1. I have made a SYSTICK interrupt in TM4c123GH6PM. CPU speed is at 80Mhz. Code is below. In systick interrupt a led is toggled. Code is build with full speed optimization. CRO probe is at 10x & peak detect setting is done in CRO.
2. I have started by Systick period value 8000000 i.e 100ms, pulse ON CRO is exact, then I keep on decrease the period by decade factor.
8000000 i.e 100ms works fine, (visible led blinking here)
800000 i.e 10ms works fine, (visible led ON from here, led turn/off fast so cannot observe off)
80000 i.e 1ms works fine,
8000 i.e 100us works fine,
800 i.e 10us works fine.
80 i.e 1us works fine.
8 i.e 100ns. (Here pulse on or off time recorded is 200ns around instead of 100ns)
1 i.e 12.5ns. (Again 200ns time of pulse on or off)

3. I think what's happening here, before control gets out of ISR, another interrupt happens. So waht happens, let say control takes lots of time in ISR & in meantime systick timer rolls off 10 times. So will interrupt will again execute 10 times after that or only once?

4. Why even at 12.5ns of systick time, toggle taking 200ns. I think there are 16 number of cycles for PUSH so that when isr happens & control actually goes into interrupt. It makes 16*12.5 = 200ns. But then there is also POP involved & ISR instruction execution. How to explain this delay

void systic_isr_handler(void)
{
    RED_LED_INVERT();
}  




void all_tasks_manager(void)
{    
/* clear any previous interrupt */  
    SysTickDisable();
    SysTickIntDisable();
  
/* resgister the int */  
    SysTickIntRegister(systic_isr_handler);
    SysTickIntEnable();
  

    SysTickPeriodSet(2U);
    SysTickEnable();
  
    while(1);    
  
}

 

Google interrupt latency.essentially the overhead get into an use, before your code is executed.

Typically 10 to 20 ticks but can be more or less.

 

3. I think what's happening here, before control gets out of ISR, another interrupt happens. So waht happens, let say control takes lots of time in ISR & in meantime systick timer rolls off 10 times. So will interrupt will again execute 10 times after that or only once?

It will only happen once since you clear the interrupt flag when servicing the ISR. If your timer has run around multiple times, you lose those tiks.

4. Why even at 12.5ns of systick time, toggle taking 200ns. I think there are 16 number of cycles for PUSH so that when isr happens & control actually goes into interrupt. It makes 16*12.5 = 200ns. But then there is also POP involved & ISR instruction execution. How to explain this delay

I think you're right. The ISR takes a certain number of cycles to execute. The timer can't run faster than the ISR execution time or you lose tiks. That's why its important to do minimal processing in the ISR. Keep in mind, too, that the more stuff you do in the ISR, the more context (arithmetic registers etc) has to be saved/restored before any interrupt processing can begin.

Note that some processors support multiple interrupt levels which can help but you still need to get through the service routine - on average - in a shorter time than the interrupt requests.

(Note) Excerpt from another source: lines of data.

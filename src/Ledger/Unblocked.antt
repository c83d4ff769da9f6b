-- ===== src/Ledger/Unblocked.antt =====
-- An acknowledged ledger is read again.
use kry.Base.{◌≡◌, refl, sym, ap, subst, ◌∙◌, false, Option, none}
use kry.Base.Texts.{Text}
use kry.Base.Results.{raise_if, Result, ok, err, value_error, persistence_error}
use kry.Ledger.Book.{Document, Ledger, new_ledger, adopt}
use kry.Ledger.World.{
  LedgerFile, document, World, pure, lift, get, set_ledger, fail_if, after, ◌>>=◌, ◌>>◌, handle,
  catching, returned, runs, reraised, raise-Raises, lift_returned, guard_returned, outcome_eq,
}
use kry.Ledger.Reading.{
  Rename, StoragePath, storage_path, read_file, read_locked, is_history_missing, check_read, bound,
  bound_if, locate,
}
use kry.Ledger.Saving.{Moment}
use kry.Ledger.Recovery.{
  read_back, save_acknowledged, acknowledge_loaded, acknowledge_ledger_recovery, on_new_ledger,
  taken_up, loaded,
}
use kry.Ledger.Read.{seen, refuse_contents-err, locate-ok}

module _ (strip : Text → Text) (r r' : Rename) where
  file_again :
      (p : StoragePath) (f : LedgerFile) (s : World) (o : Option Document) (s' : World)
      → read_file strip r p f s ≡ (ok o, s')
      → (read_file strip r' p f s ≡ (ok o, s)) × (s' ≡ s)
  unfolding read_file get ◌>>=◌ after lift pure fail_if bound bound_if catching handle check_read
  file_again p LedgerFile.absent s o s' h =
      let (off, h1) = guard_returned (is_history_missing s) value_error (pure none) s o s' h in
      let (found, still) = outcome_eq h1 in (rw (off, found) refl, sym still)
  file_again p LedgerFile.unreadable s o s' h = cc
  file_again p LedgerFile.undecodable s o s' h =
      let (x, t, raised) = refuse_contents-err strip r {A = Option Document} s in cc
  file_again p LedgerFile.malformed s o s' h =
      let (x, t, raised) = refuse_contents-err strip r {A = Option Document} s in cc
  file_again p (document d) s o s' h =
      let (valid, same, found, still) = seen strip r d p s o s' h in
      (rw (valid, same, found) refl, still)

  not_failing :
      (s : World)
      → s.ledger.recovery_required ≡ false
      → fail_if s.ledger.recovery_required value_error s ≡ (ok tt, s)
  unfolding fail_if
  not_failing s off = ap (λ c. (raise_if c value_error, s)) off

  locate_run : (s : World) (p : StoragePath) → storage_path s.disk ≡ ok p → locate s ≡ (ok p, s)
  unfolding locate get ◌>>=◌ after catching handle lift
  locate_run s p path = rw path refl

  same_read :
      {p : StoragePath} {s : World} {o : Option Document}
      → s.ledger.recovery_required ≡ false
      → storage_path s.disk ≡ ok p
      → read_file strip r' p s.disk.file s ≡ (ok o, s)
      → read_locked strip r' s ≡ (ok o, s)
  unfolding read_locked get ◌>>=◌ after
  same_read {p = p} {s = s} off path again =
      runs (fail_if s.ledger.recovery_required value_error) _ s tt s (not_failing s off)
      ∙ (runs locate (λ q. read_file strip r' q s.disk.file) s p s (locate_run s p path) ∙ again)

  -- A read that returned returns again, and changes nothing.
  read_again :
      (s : World) (o : Option Document) (s' : World)
      → read_locked strip r s ≡ (ok o, s')
      → (read_locked strip r' s' ≡ (ok o, s')) × (s'.ledger.recovery_required ≡ false)
  unfolding read_locked get ◌>>=◌ after fail_if locate catching handle lift
  read_again s o s' h =
      let (off, h1) = guard_returned s.ledger.recovery_required value_error _ s o s' h in
      let (p, s1, here, h2) = returned locate (λ q. read_file strip r q s.disk.file) s o s' h1 in
      let (path, still) = locate-ok s p s1 here in
      let (again, kept) =
        file_again p s.disk.file s o s'
          (subst (λ t. read_file strip r p s.disk.file t ≡ (ok o, s')) still h2) in
      subst (λ t. (read_locked strip r' t ≡ (ok o, t)) × (t.ledger.recovery_required ≡ false))
        (sym kept) (same_read off path again, off)

taken_up-ok :
    {A : Type 0} (before : Ledger) (o : Result A × World) (a : A) (s' : World)
    → taken_up before o ≡ (ok a, s')
    → o ≡ (ok a, s')
unfolding taken_up
taken_up-ok before (ok b, s) a s' h = h
taken_up-ok before (err x, s) a s' h = cc

module _ (strip : Text → Text) (m : Moment) where
  read_back-ok :
      (s : World) (u : Unit {0}) (s' : World)
      → read_back strip m s ≡ (ok u, s')
      → (o : Option Document) × (read_locked strip m.rename s ≡ (ok o, s'))
  unfolding read_back catching pure
  read_back-ok s u s' h =
      let inner : (read_locked strip m.rename >>= λ _. pure tt) s ≡ (ok u, s') =
        reraised ((read_locked strip m.rename >>= λ _. pure tt) s) u s'
          (λ x t. raise-Raises persistence_error t) h in
      let (o, s1, read, end) = returned (read_locked strip m.rename) (λ _. pure tt) s u s' inner in
      (o, subst (λ t. read_locked strip m.rename s ≡ (ok o, t)) (outcome_eq end).1 read)

  -- An acknowledgement that returns ends the block: recovery is no longer required, and a read of the
  -- ledger from there returns and changes nothing.
  pub acknowledged_reads :
      (reason : Text) (r' : Rename) (s : World) (s' : World)
      → acknowledge_ledger_recovery strip m reason s ≡ (ok tt, s')
      → (s'.ledger.recovery_required ≡ false)
        × ((o : Option Document) × (read_locked strip r' s' ≡ (ok o, s')))
  unfolding acknowledge_ledger_recovery acknowledge_loaded on_new_ledger get set_ledger ◌>>=◌ after
  acknowledged_reads reason r' s s' h =
      let (named, h1) = guard_returned _ value_error _ s tt s' h in
      let (p, path, h2) = lift_returned (storage_path s.disk) _ s tt s' h1 in
      let (d, file, h3) = lift_returned (loaded s.disk.file) _ s tt s' h2 in
      let (format, h4) =
        guard_returned _ value_error (on_new_ledger (acknowledge_loaded strip m reason d)) s tt s'
          h3 in
      let t : World = record s { ledger = new_ledger } in
      let h5 = taken_up-ok s.ledger (acknowledge_loaded strip m reason d t) tt s' h4 in
      let (l, adopting, h6) = lift_returned (adopt strip d new_ledger) _ t tt s' h5 in
      let (solvent, h7) =
        guard_returned _ value_error (save_acknowledged strip m reason d l >> read_back strip m)
          (record s { ledger = l }) tt s' h6 in
      let (u, s1, saved, h8) =
        returned (save_acknowledged strip m reason d l) (λ (_ : Unit {0}). read_back strip m)
          (record s { ledger = l }) tt s' h7 in
      let (o, read) = read_back-ok s1 tt s' h8 in
      let (again, off) = read_again strip m.rename r' s1 o s' read in (off, (o, again))
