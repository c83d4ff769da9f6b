-- ===== src/Ledger/Trials.antt =====
-- A journal of a thousand KRY: an earning of fifty, a debit of ten, and its retry.
use kry.Base.{Option, ℕ, ◌*◌, ◌≡◌, refl, true, false, none, some, [], ◌∷◌}
use kry.Base.Int.{pos}
use kry.Base.Texts.{Text, codes, text_eq, has_code}
use kry.Base.Dicts.{lookup}
use kry.Base.Results.{err, persistence_error, Result, ok}
use kry.Double.{zero_double, Double, fin, one_units, literal, add, sub, lt, le, IsDouble, round_to}
use kry.Double.Products.{mul, quotient}
use kry.Json.Values.{Fields, int, are_dumpable_fields}
use kry.Json.Values
use kry.Ledger.Prices.{finite_number, earned_kry, net_value_multiplier}
use kry.Ledger.Cost.{spend_cost}
use kry.Ledger.Book.{
  validate_op_id, Operation, Document, versioned, check_document, ledger_parts, check_totals,
  check_events,
}
use kry.Ledger.World.{
  World, at_journal, document, pure, lift, get, set_ledger, set_disk, fail_if, ◌>>=◌, catching,
}
use kry.Ledger.Reading.{not_moved, same_incidents, read_locked}
use kry.Ledger.Saving.{Moment, replaced, not_replaced, refresh_locked}
use kry.Ledger.Calls.{Interpreter, debiting, refreshed, earn_amount, earn}
use kry.Ledger.Account.{Account, credited, debited, totals_for, IsExact, Holds, differ-totals_for}
use kry.Ledger.Refines.{Takes}
use kry.Ledger.Earns.{earn-Takes}
use kry.Ledger.Spends.{IsPayable, spend-Takes}
use kry.Ledger.Debits.{spend, spend_unkeyed, keyed_debit, ledger_operation}
use kry.Ledger.Blocked.{required_moves_nothing}
use kry.Ledger.Recovery.{acknowledge_ledger_recovery}
use kry.Ledger.Unblocked.{acknowledged_reads}
use kry.Ledger.Once.{no_more, debit_first, keyed_debit_once}

abbrev zeros : ℕ → Text
zeros ℕ.zero = []
zeros (ℕ.suc n) = b'0' ∷ zeros n

abbrev plain : Interpreter
plain = record {
  strip = λ s. s;
  lower = λ s. s;
  two_places = λ x. [];
  spelled = λ v. [];
  params_sha256 = λ q. zeros 64;
}

abbrev thousand_kry : Account
thousand_kry = record { balance = 1000 * one_units; earned = 1000 * one_units; spent = 0 }

abbrev journal : Document
journal =
    versioned
      (record {
        totals = totals_for thousand_kry;
        events = [];
        cycle_count = pos 0;
        recovery = Fields.end;
      })
      []

abbrev start : World
start = record {
  ledger = record {
    totals = totals_for thousand_kry;
    events = [];
    cycle_count = pos 0;
    baseline = totals_for thousand_kry;
    recovery_required = false;
    last_write_committed = false;
    recovery = Fields.end;
    is_format_two = true;
    ops = [];
  };
  disk = record {
    storage = at_journal;
    file = document journal;
    incidents = [];
    has_mint_log = true;
  };
}

abbrev noon : Moment
noon = record {
  now = literal 1000 1;
  tx_id = codes "t1";
  attempt = codes "a1";
  marker = (codes "m", codes "h");
  rename = not_moved;
  refresh_write = replaced;
  write = replaced;
}

journal_sound : check_document plain.strip journal ≡ ok tt
unfolding check_document ledger_parts check_totals check_events finite_number lt
journal_sound = refl

start-Holds : Holds plain.strip thousand_kry start
unfolding same_incidents kry.Json.Values.get
start-Holds =
    (journal, (refl, refl, refl, refl, journal_sound, refl), refl, differ-totals_for thousand_kry)

fifty :
    earned_kry plain.lower (int (pos 1000)) (codes "cache_hit") (some (codes "haiku")) none
    ≡ fin (pos (50 * one_units))
unfolding earned_kry net_value_multiplier text_eq lookup literal quotient sub add lt le mul
    finite_number
fifty = refl

thousand-IsExact : IsExact thousand_kry
unfolding round_to
thousand-IsExact = (refl, refl, refl)

more-IsExact : IsExact (credited (50 * one_units) thousand_kry)
unfolding round_to
more-IsExact = (refl, refl, refl)

fifty_exact : IsDouble (pos (50 * one_units))
unfolding round_to
fifty_exact = refl

abbrev earned_outcome : Result Double × World
earned_outcome =
    earn plain noon (int (pos 1000)) (codes "cache_hit") [] (some (codes "haiku")) none start

earned_ok : earned_outcome ≡ (ok (fin (pos (50 * one_units))), earned_outcome.1)
unfolding earn earn_amount refreshed refresh_locked read_locked ◌>>=◌ catching get fail_if lift
    kry.Json.Values.get pure set_ledger set_disk
earned_ok = refl

earned_clear : earned_outcome.1.ledger.recovery_required ≡ false
unfolding earn earn_amount refreshed refresh_locked read_locked ◌>>=◌ catching get fail_if lift
    kry.Json.Values.get pure set_ledger set_disk
earned_clear = refl

earn-Takes_example :
    Takes plain.strip thousand_kry
      (credited (50 * one_units) thousand_kry)
      (fin (pos (50 * one_units)))
      (fin (pos (50 * one_units)))
      earned_outcome.1
earn-Takes_example =
    earn-Takes plain noon (int (pos 1000)) (codes "cache_hit") [] (some (codes "haiku")) none
      (50 * one_units) thousand_kry start (fin (pos (50 * one_units))) earned_outcome.1 fifty
      thousand-IsExact fifty_exact more-IsExact start-Holds earned_ok earned_clear

abbrev fast : Text
fast = codes "or/anthropic/claude-opus-4.8-fast"

abbrev spent_outcome : Result Double × World
spent_outcome = spend plain noon fast (int (pos 100)) [] none start

two_hundred : spend_cost fast (int (pos 100)) ≡ ok (fin (pos (200 * one_units)))
unfolding spend_cost text_eq literal quotient mul lt finite_number
two_hundred = refl

two_hundred-IsPayable : IsPayable plain noon (200 * one_units) thousand_kry
unfolding round_to
two_hundred-IsPayable = ((refl, refl, refl), refl, refl, (refl, refl, refl))

spent_ok : spent_outcome ≡ (ok (fin (pos (200 * one_units))), spent_outcome.1)
unfolding spend spend_unkeyed ◌>>=◌ lift catching get fail_if kry.Json.Values.get pure set_ledger
    set_disk
spent_ok = refl

spent_clear : spent_outcome.1.ledger.recovery_required ≡ false
unfolding spend spend_unkeyed ◌>>=◌ lift catching get fail_if kry.Json.Values.get pure set_ledger
    set_disk
spent_clear = refl

spend-Takes_example :
    Takes plain.strip thousand_kry
      (debited (200 * one_units) thousand_kry)
      (fin (pos (200 * one_units)))
      (fin (pos (200 * one_units)))
      spent_outcome.1
spend-Takes_example =
    spend-Takes plain noon (200 * one_units) thousand_kry fast (int (pos 100)) [] start
      (fin (pos (200 * one_units))) spent_outcome.1 two_hundred two_hundred-IsPayable start-Holds
      spent_ok spent_clear

abbrev ten : Double
ten = fin (pos (10 * one_units))

abbrev debited_outcome : Result Double × World
debited_outcome = keyed_debit plain noon (codes "op-1") (debiting ten) start

debited_ok : debited_outcome ≡ (ok ten, debited_outcome.1)
unfolding keyed_debit ◌>>=◌ lift catching get fail_if kry.Json.Values.get pure set_ledger set_disk
debited_ok = refl

debited_clear : debited_outcome.1.ledger.recovery_required ≡ false
unfolding keyed_debit ◌>>=◌ lift catching get fail_if kry.Json.Values.get pure set_ledger set_disk
debited_clear = refl

-- The retry comes later, when no write succeeds.
abbrev later : Moment
later = record noon { now = literal 2000 1; tx_id = codes "t2"; write = not_replaced false }

-- Another debit before the retry.
abbrev second_outcome : Result Double × World
second_outcome = keyed_debit plain noon (codes "op-2") (debiting ten) debited_outcome.1

second_ok : second_outcome ≡ (ok ten, second_outcome.1)
unfolding keyed_debit ◌>>=◌ lift catching get fail_if kry.Json.Values.get pure set_ledger set_disk
second_ok = refl

second_clear : second_outcome.1.ledger.recovery_required ≡ false
unfolding keyed_debit ◌>>=◌ lift catching get fail_if kry.Json.Values.get pure set_ledger set_disk
second_clear = refl

keyed_debit_once_example :
    (keyed_debit plain later (codes "op-1") (debiting ten) second_outcome.1
      ≡ (ok ten, second_outcome.1))
    × ((op : Operation) × (ledger_operation plain later (codes "op-1") second_outcome.1
          ≡ (ok (some op), second_outcome.1))
        × (op.amount ≡ ten))
keyed_debit_once_example =
    keyed_debit_once plain noon later (codes "op-1") (debiting ten) start ten debited_outcome.1
      second_outcome.1 refl debited_ok debited_clear
      (debit_first debited_outcome.1 second_outcome.1 second_outcome.1 noon (codes "op-2")
        (debiting ten) ten second_ok second_clear (no_more second_outcome.1))

abbrev halted : World
halted = record start { ledger = record (start.ledger) { recovery_required = true } }

valid_id : validate_op_id plain.strip (codes "op-1") ≡ ok (codes "op-1")
unfolding has_code validate_op_id
valid_id = refl

required_moves_nothing_example :
    (earn plain noon (int (pos 100)) (codes "cache_hit") [] none none halted
      ≡ (ok zero_double, halted))
    × (spend plain noon fast (int (pos 100)) [] none halted ≡ (ok zero_double, halted))
    × (keyed_debit plain noon (codes "op-1") (debiting ten) halted
        ≡ (err persistence_error, halted))
required_moves_nothing_example =
    required_moves_nothing plain noon halted (int (pos 100)) (codes "cache_hit") [] none none fast
      (fin (pos (200 * one_units))) (codes "op-1") (codes "op-1") (debiting ten) refl two_hundred
      valid_id

-- A pending marker that an operator has reviewed.
abbrev marked : World
marked = record halted { disk = record (start.disk) { incidents = (codes "m", codes "h") ∷ [] } }

abbrev reviewed_outcome : Result (Unit {0}) × World
reviewed_outcome = acknowledge_ledger_recovery plain.strip noon (codes "reviewed") marked

reviewed_ok : reviewed_outcome ≡ (ok tt, reviewed_outcome.1)
unfolding acknowledge_ledger_recovery ◌>>=◌ lift catching get fail_if kry.Json.Values.get pure
    set_ledger set_disk finite_number literal
reviewed_ok = refl

acknowledged_reads_example :
    (reviewed_outcome.1.ledger.recovery_required ≡ false)
    × ((o : Option Document) × (read_locked plain.strip not_moved reviewed_outcome.1
          ≡ (ok o, reviewed_outcome.1)))
acknowledged_reads_example =
    acknowledged_reads plain.strip noon (codes "reviewed") not_moved marked reviewed_outcome.1
      reviewed_ok
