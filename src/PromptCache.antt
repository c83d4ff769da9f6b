-- ===== src/PromptCache.antt =====
-- src/kry/kry_prompt_cache.py: the value of provider prompt caching, from reported usage at list prices.
pub mod Prices
pub mod Valuation
pub mod Understated
pub mod Summary
pub mod Totals
mod Tests
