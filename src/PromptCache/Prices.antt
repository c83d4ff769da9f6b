-- ===== src/PromptCache/Prices.antt =====
-- The price tables of kry_prompt_cache.  A price in dollars per million tokens has at most three decimals,
-- so a thousandth of it is a whole number of nanodollars per token, and every amount is one of nanodollars.
-- Python's Decimal is exact up to 28 digits, more than any count of tokens below 10 ^ 22 can need.
use kry.Base.{ℕ, List, [], ◌∷◌}
use kry.Base.Texts.{Text, codes}

-- `_ANTHROPIC_PRICES`, by row: base input, 5-minute write, 1-hour write, cache read, output.
pub record Prices : Type 0 where
  pub base : ℕ
  pub write_5m : ℕ
  pub write_1h : ℕ
  pub read : ℕ
  pub output : ℕ

abbrev pub row : ℕ → ℕ → ℕ → ℕ → ℕ → Prices
row a b c d e = record { base = a; write_5m = b; write_1h = c; read = d; output = e }

abbrev pub opus : Prices
opus = row 5000 6250 10000 500 25000

unfoldable pub anthropic_prices : List (Text × Prices)
anthropic_prices =
    (codes "claude-fable-5-1", row 10000 12500 20000 250 50000)
    ∷ (codes "claude-fable-5", row 10000 12500 20000 1000 50000)
    ∷ (codes "claude-opus-5", opus)
    ∷ (codes "claude-opus-4-8", opus)
    ∷ (codes "claude-opus-4-7", opus)
    ∷ (codes "claude-opus-4-6", opus)
    ∷ (codes "claude-opus-4-5", opus)
    ∷ (codes "claude-sonnet-5", row 2000 2500 4000 200 10000)
    ∷ (codes "claude-sonnet-4-6", row 3000 3750 6000 300 15000)
    ∷ (codes "claude-sonnet-4-5", row 3000 3750 6000 300 15000)
    ∷ (codes "claude-haiku-4-5", row 1000 1250 2000 100 5000)
    ∷ []

unfoldable pub aliases : List (Text × Text)
aliases = (codes "claude-haiku-4-5-20251001", codes "claude-haiku-4-5") ∷ []

-- `_OPENAI_PRICES`, by row: base input, cached input, cache write, output.
pub record OpenaiPrices : Type 0 where
  pub base : ℕ
  pub cached : ℕ
  pub write : ℕ
  pub output : ℕ

abbrev pub openai_row : ℕ → ℕ → ℕ → ℕ → OpenaiPrices
openai_row a b c d = record { base = a; cached = b; write = c; output = d }

unfoldable pub openai_prices : List (Text × OpenaiPrices)
openai_prices =
    (codes "gpt-6-astra", openai_row 10000 1000 12500 50000)
    ∷ (codes "gpt-5.6-sol", openai_row 4000 400 5000 20000)
    ∷ (codes "gpt-5.6-terra", openai_row 2000 200 2500 12000)
    ∷ (codes "gpt-5.6-luna", openai_row 200 20 250 1200)
    ∷ (codes "gpt-5.6-cyber", openai_row 12500 1250 15625 75000)
    ∷ []

unfoldable pub no_stated_long_context_rate : List Text
no_stated_long_context_rate =
    codes "claude-opus-4-5" ∷ codes "claude-sonnet-4-5" ∷ codes "claude-haiku-4-5" ∷ []
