-- ===== src/PromptCache/Valuation.antt =====
-- `value_record` and what it calls: one provider call is priced, or put aside with a reason.
use kry.Base.{
  ℕ, ◌+◌, ◌-◌, ◌*◌, Bool, true, false, ◌&&◌, ◌||◌, not, ltb, ◌==◌, if◌then◌else◌, Option, none,
  some, List,
}
use kry.Base.Int.{ℤ, pos, neg, ◌+ℤ◌}
use kry.Base.Texts.{Text, codes, text_eq, mem_text}
use kry.Base.Dicts.{lookup}
use kry.Python.{Value, none_value, int, str}
use kry.PromptCache.Prices.{
  Prices, anthropic_prices, aliases, OpenaiPrices, openai_prices, no_stated_long_context_rate,
}

-- A value of the usage object: another object, or anything else.
pub data Item : Type 0 where
  nested : List (Text × Value) → Item
  plain : Value → Item

abbrev pub Usage : Type 0
Usage = List (Text × Item)

pub record Priced : Type 0 where
  pub input : ℕ
  pub cache_read : ℕ
  pub cache_write_5m : ℕ
  pub cache_write_1h : ℕ
  pub ttl_assumed_1h : Bool
  pub without_caching : ℕ
  pub actual : ℕ
  pub saving : ℤ

-- The four statuses, each with its model.
pub data Valuation : Type 0 where
  priced : Text → Priced → Valuation
  unpriced : Option Text → Valuation
  modifier_excluded : Text → Valuation
  malformed : Text → Valuation

unfoldable pub count : Value → Option ℕ
count (int (pos n)) = some n
count _ = none

abbrev pub or_count : ℕ → Option Value → Option ℕ
or_count n none = some n
or_count n (some v) = count v

abbrev pub count_item : Item → Option ℕ
count_item (plain v) = count v
count_item (nested d) = none

-- `_count(usage.get(field, 0))`
abbrev pub or_count_item : Option Item → Option ℕ
or_count_item none = some 0
or_count_item (some i) = count_item i

abbrev pub is_absent : Option Item → Bool
is_absent none = true
is_absent (some (plain none_value)) = true
is_absent _ = false

abbrev pub is_item : Text → Option Item → Bool
is_item s (some (plain (str t))) = text_eq t s
is_item s _ = false

abbrev pub or_same : Text → Option Text → Text
or_same m none = m
or_same m (some k) = k

abbrev pub key_if {ℓ} : {A : Type ℓ} → Text → Option A → Option (Text × A)
key_if k none = none
key_if k (some p) = some (k, p)

-- The key, with its row of the table.
unfoldable pub model_key : Value → Option (Text × Prices)
unfolding aliases anthropic_prices lookup
model_key (str m) = let k = or_same m (lookup m aliases) in key_if k (lookup k anthropic_prices)
model_key _ = none

unfoldable pub openai_key : Value → Option (Text × OpenaiPrices)
unfolding openai_prices lookup
openai_key (str m) = key_if m (lookup m openai_prices)
openai_key _ = none

abbrev pub minus : ℕ → ℕ → ℤ
minus a b = pos a +ℤ neg (pos b)

-- The prices of the four classes of tokens, with what they would cost uncached.
unfoldable pub price_anthropic : Text → Prices → ℕ → ℕ → ℕ → Option (ℕ × ℕ × Bool) → Valuation
price_anthropic key p uncached read write none = malformed key
price_anthropic key p uncached read write (some (write_5m, write_1h, assumed)) =
    let without = (uncached + read + write) * p.base in
    let actual =
      uncached * p.base + read * p.read + write_5m * p.write_5m + write_1h * p.write_1h in
    priced key (record {
      input = uncached;
      cache_read = read;
      cache_write_5m = write_5m;
      cache_write_1h = write_1h;
      ttl_assumed_1h = assumed;
      without_caching = without;
      actual = actual;
      saving = minus without actual;
    })

abbrev pub split_sum : ℕ → Option ℕ → Option ℕ → Option (ℕ × ℕ × Bool)
split_sum write (some a) (some b) = if a + b == write then some (a, b, false) else none
split_sum write _ _ = none

abbrev pub has_either : Option Value → Option Value → Bool
has_either none none = false
has_either _ _ = true

abbrev pub assumed_1h : ℕ → Option (ℕ × ℕ × Bool)
assumed_1h write = some (0, write, ltb 0 write)

-- The split of the writes by time to live: stated, or all at the 1-hour rate.
unfoldable pub split_of : ℕ → Option Item → Option (ℕ × ℕ × Bool)
unfolding lookup count
split_of write (some (nested d)) =
    let a = lookup (codes "ephemeral_5m_input_tokens") d in
    let b = lookup (codes "ephemeral_1h_input_tokens") d in
    if has_either a b then split_sum write (or_count 0 a) (or_count 0 b) else assumed_1h write
split_of write _ = assumed_1h write

-- `_beyond_stated_context`: a stated window decides, else the tokens of the call.
unfoldable pub beyond_stated_context : Option Item → ℕ → Bool
beyond_stated_context none n = ltb 200000 n
beyond_stated_context window n = not (is_item (codes "0-200k") window)

unfoldable pub value_counts : Text → Prices → Usage → Option ℕ → Option ℕ → Option ℕ → Valuation
unfolding price_anthropic split_of lookup mem_text beyond_stated_context
value_counts key p u (some uncached) (some read) (some write) =
    if mem_text key no_stated_long_context_rate
      && beyond_stated_context (lookup (codes "context_window") u) (uncached + read + write)
    then modifier_excluded key
    else price_anthropic key p uncached read write
        (split_of write (lookup (codes "cache_creation") u))
value_counts key p u _ _ _ = malformed key

abbrev pub is_modified : Usage → Bool
is_modified u =
    (not (is_absent (lookup (codes "service_tier") u))
      && not (is_item (codes "standard") (lookup (codes "service_tier") u)))
    || is_item (codes "fast") (lookup (codes "speed") u)
    || is_item (codes "us") (lookup (codes "inference_geo") u)

abbrev pub is_some {ℓ} : {A : Type ℓ} → Option A → Bool
is_some none = false
is_some (some a) = true

-- `none` is a usage that is no object.
unfoldable pub value_anthropic : Text → Prices → Option Usage → Valuation
unfolding value_counts
value_anthropic key p none = malformed key
value_anthropic key p (some u) =
    if is_some (lookup (codes "input_tokens") u)
    then (if is_modified u
        then modifier_excluded key
        else value_counts key p u (or_count_item (lookup (codes "input_tokens") u))
            (or_count_item (lookup (codes "cache_read_input_tokens") u))
            (or_count_item (lookup (codes "cache_creation_input_tokens") u)))
    else malformed key

-- `input_tokens` holds the cached and the written tokens.
unfoldable pub price_openai : Text → OpenaiPrices → Option ℕ → Option ℕ → Option ℕ → Valuation
price_openai key p (some total) (some cached) (some write) =
    if ltb total (cached + write)
    then malformed key
    else let uncached = total - cached - write in
      let without = total * p.base in
      let actual = uncached * p.base + cached * p.cached + write * p.write in
      priced key (record {
        input = uncached;
        cache_read = cached;
        cache_write_5m = write;
        cache_write_1h = 0;
        ttl_assumed_1h = false;
        without_caching = without;
        actual = actual;
        saving = minus without actual;
      })
price_openai key p _ _ _ = malformed key

-- `usage.get(k, usage.get(j))`
abbrev pub or_else : Option Item → Option Item → Option Item
or_else none j = j
or_else k j = k

abbrev pub count_present : Option Item → Option ℕ
count_present none = none
count_present (some i) = count_item i

unfoldable pub value_details : Text → OpenaiPrices → Option ℕ → Option Item → Valuation
unfolding price_openai lookup count
value_details key p total none = price_openai key p total (some 0) (some 0)
value_details key p total (some (nested d)) =
    price_openai key p total (or_count 0 (lookup (codes "cached_tokens") d))
      (or_count 0 (lookup (codes "cache_write_tokens") d))
value_details key p total (some (plain v)) = malformed key

unfoldable pub value_openai : Text → OpenaiPrices → Option Usage → Valuation
unfolding value_details
value_openai key p none = malformed key
value_openai key p (some u) =
    if not (is_absent (lookup (codes "service_tier") u))
      && not (is_item (codes "default") (lookup (codes "service_tier") u))
    then modifier_excluded key
    else value_details key p
        (count_present
          (or_else (lookup (codes "input_tokens") u) (lookup (codes "prompt_tokens") u)))
        (or_else (lookup (codes "input_tokens_details") u)
          (lookup (codes "prompt_tokens_details") u))

abbrev pub named : Value → Option Text
named (str m) = some m
named _ = none

unfoldable pub value_keyed :
    Value → Option Usage → Option (Text × Prices) → Option (Text × OpenaiPrices) → Valuation
unfolding value_anthropic value_openai
value_keyed model u (some (key, p)) o = value_anthropic key p u
value_keyed model u none (some (key, p)) = value_openai key p u
value_keyed model u none none = unpriced (named model)

unfoldable pub value_record : Value → Option Usage → Valuation
unfolding value_keyed model_key openai_key
value_record model u = value_keyed model u (model_key model) (openai_key model)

I'm not familiar with your particular processor but most IDEs have a 'stopwatch' or other profiling function that will report the time / number of cycles spent in an interrupt routine. That plus examining the compiler's assembler output can be most helpful.

Some compilers support 'back tail processing' in ISRs which, after servicing an interrupt, loops back to the top and rechecks for any new pending interrupts to service before restoring context and returning. That saves the time of restoring/returning from an ISR only to have to immediately do it all again when interrupts are re-enabled.

 

When an interrupt condition happens it sets a flag. It is said that the interrupt is pending. It'll be pending until processed. When the interrupt gets processed it clears the flag.

If another interrupt condition happens while the previous interrupt is still pending, it sets the flag, but since the flag is already set, this has no effect. Therefore, it gets lost.

However, the effect you observe does not have much to do with how interrupts work. Starting with a certain frequency, you simply get back-to-back executions of your "systic_isr_handler" routine + some overhead. One execution takes 200ns. Therefore, no matter what you do, or how interrupts work, you can only execute your routine 5 million times per second, not a bit more. Thus your frequency is limited at 5MHz.

You can experiment and run your routine in a "while(1)" loop instead of the interrupt and measure the frequency. Then you can tell how much more (or less) is the interrupt overhead compared to looping overhead.